● What the task requires:
From the records below, extract only the lines running from the line with "(>>=-Survives (or_fail (n.parse" to the line with "scale_all-Returns reads median iqr []", both lines included, reproducing them exactly.

------ Provided material ------

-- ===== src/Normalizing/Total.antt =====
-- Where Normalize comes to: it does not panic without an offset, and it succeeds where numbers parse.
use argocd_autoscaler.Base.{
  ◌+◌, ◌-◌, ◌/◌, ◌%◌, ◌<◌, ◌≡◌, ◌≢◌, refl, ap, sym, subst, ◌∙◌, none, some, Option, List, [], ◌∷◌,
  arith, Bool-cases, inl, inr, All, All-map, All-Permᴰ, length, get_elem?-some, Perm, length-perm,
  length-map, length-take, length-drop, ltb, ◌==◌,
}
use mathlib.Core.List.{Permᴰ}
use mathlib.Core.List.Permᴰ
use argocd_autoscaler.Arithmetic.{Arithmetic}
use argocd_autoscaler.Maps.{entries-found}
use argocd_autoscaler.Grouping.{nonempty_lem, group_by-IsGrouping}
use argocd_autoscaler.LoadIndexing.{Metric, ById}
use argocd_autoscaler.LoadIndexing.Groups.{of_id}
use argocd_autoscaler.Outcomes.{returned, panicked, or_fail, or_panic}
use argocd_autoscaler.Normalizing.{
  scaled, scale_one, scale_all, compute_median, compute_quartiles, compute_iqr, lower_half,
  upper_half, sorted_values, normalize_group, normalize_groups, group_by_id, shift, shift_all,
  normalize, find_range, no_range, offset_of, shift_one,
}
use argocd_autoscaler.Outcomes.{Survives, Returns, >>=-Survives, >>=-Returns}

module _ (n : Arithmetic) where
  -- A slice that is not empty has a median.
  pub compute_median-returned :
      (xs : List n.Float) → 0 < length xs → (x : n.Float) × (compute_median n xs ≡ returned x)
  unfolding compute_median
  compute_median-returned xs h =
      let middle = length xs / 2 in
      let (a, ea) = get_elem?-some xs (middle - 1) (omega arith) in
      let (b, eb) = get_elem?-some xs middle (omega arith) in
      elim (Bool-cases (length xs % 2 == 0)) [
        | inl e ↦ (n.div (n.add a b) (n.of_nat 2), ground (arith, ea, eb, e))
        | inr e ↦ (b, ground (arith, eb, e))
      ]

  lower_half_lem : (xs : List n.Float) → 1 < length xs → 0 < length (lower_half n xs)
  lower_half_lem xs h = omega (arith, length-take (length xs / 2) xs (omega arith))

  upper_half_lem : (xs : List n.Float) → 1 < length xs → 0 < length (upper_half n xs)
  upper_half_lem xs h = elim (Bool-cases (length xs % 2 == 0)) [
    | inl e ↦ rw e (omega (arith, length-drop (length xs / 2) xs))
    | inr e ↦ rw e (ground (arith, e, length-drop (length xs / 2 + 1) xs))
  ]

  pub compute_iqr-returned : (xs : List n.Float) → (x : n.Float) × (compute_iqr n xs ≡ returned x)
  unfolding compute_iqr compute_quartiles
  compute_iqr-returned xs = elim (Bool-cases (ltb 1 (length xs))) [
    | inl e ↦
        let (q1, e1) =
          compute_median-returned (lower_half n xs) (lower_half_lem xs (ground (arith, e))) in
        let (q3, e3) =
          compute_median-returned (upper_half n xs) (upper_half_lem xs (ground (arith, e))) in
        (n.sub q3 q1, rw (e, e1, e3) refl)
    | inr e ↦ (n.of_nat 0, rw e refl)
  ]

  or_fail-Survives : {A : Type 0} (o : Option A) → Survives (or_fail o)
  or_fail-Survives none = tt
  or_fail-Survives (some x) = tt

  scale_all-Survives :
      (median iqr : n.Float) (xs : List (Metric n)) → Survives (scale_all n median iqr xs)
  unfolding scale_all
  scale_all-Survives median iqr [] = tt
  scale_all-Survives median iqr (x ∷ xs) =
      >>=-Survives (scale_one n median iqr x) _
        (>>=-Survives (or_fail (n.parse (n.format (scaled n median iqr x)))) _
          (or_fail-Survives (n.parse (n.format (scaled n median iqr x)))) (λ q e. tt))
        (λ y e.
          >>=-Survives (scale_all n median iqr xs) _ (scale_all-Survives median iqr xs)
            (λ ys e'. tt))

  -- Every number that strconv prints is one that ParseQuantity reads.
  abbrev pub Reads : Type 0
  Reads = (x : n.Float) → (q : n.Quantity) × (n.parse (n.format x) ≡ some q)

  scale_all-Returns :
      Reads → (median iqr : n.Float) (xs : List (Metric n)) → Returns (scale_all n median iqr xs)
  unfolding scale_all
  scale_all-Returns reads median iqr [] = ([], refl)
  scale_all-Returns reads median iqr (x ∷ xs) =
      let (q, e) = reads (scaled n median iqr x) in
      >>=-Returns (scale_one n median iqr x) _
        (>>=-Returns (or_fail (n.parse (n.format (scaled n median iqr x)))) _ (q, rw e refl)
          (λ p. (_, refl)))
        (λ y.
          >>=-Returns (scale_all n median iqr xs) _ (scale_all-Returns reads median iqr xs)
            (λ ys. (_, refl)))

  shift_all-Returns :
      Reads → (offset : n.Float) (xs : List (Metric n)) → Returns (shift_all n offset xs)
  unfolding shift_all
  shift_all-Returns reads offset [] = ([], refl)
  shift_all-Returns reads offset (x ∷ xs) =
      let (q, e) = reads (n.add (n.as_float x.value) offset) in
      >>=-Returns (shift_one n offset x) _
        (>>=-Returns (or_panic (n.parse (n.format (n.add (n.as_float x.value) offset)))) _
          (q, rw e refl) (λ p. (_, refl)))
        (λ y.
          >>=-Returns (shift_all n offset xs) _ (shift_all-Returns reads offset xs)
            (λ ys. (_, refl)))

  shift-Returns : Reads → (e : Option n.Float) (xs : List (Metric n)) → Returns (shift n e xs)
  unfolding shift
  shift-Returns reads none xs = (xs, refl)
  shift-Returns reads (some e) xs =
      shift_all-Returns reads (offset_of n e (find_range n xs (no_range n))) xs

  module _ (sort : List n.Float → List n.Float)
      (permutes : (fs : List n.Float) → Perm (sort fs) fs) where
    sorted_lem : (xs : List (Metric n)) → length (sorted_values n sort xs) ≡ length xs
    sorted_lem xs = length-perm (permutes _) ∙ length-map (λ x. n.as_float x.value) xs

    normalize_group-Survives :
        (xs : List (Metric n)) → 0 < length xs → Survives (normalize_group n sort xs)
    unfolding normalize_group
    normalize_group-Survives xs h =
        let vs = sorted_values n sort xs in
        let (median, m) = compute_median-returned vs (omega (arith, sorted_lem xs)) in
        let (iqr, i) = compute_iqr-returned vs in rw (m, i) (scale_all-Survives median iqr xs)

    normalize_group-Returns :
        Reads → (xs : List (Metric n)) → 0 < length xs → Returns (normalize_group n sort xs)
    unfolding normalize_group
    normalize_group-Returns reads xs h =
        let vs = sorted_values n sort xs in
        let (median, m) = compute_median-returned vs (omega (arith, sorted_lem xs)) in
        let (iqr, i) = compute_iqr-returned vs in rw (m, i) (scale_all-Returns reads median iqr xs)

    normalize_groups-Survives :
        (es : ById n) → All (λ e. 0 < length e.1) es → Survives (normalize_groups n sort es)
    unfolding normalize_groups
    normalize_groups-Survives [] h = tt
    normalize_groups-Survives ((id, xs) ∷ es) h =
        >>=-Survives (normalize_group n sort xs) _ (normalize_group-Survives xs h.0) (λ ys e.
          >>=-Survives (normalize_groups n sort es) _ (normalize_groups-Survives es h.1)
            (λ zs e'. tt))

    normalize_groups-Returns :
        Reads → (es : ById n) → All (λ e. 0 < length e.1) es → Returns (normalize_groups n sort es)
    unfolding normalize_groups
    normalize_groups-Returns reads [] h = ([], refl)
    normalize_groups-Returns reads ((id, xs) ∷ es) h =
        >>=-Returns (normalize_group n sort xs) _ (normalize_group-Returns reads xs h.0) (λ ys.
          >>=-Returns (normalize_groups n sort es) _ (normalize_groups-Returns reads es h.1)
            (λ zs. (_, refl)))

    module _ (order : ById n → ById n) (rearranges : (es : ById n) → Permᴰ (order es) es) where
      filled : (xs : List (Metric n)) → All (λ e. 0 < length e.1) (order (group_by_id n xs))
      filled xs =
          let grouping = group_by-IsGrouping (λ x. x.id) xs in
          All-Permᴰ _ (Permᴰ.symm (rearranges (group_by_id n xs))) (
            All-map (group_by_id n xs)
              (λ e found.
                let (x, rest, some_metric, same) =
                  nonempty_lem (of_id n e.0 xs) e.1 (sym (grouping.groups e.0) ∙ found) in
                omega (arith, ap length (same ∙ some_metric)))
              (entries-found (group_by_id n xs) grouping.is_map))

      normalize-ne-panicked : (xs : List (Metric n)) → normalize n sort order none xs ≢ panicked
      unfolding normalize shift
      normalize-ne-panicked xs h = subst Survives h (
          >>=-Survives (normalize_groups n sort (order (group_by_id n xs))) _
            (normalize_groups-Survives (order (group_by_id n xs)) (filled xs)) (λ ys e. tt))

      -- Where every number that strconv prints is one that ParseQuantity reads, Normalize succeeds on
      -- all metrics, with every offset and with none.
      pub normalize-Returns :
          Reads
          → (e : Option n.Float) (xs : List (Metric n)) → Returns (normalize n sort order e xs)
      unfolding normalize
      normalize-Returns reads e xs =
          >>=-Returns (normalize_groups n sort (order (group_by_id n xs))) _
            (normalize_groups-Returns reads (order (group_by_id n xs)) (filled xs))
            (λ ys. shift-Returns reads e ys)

------

● Exercise result:
        (>>=-Survives (or_fail (n.parse (n.format (scaled n median iqr x)))) _
          (or_fail-Survives (n.parse (n.format (scaled n median iqr x)))) (λ q e. tt))
        (λ y e.
          >>=-Survives (scale_all n median iqr xs) _ (scale_all-Survives median iqr xs)
            (λ ys e'. tt))

  -- Every number that strconv prints is one that ParseQuantity reads.
  abbrev pub Reads : Type 0
  Reads = (x : n.Float) → (q : n.Quantity) × (n.parse (n.format x) ≡ some q)

  scale_all-Returns :
      Reads → (median iqr : n.Float) (xs : List (Metric n)) → Returns (scale_all n median iqr xs)
  unfolding scale_all
  scale_all-Returns reads median iqr [] = ([], refl)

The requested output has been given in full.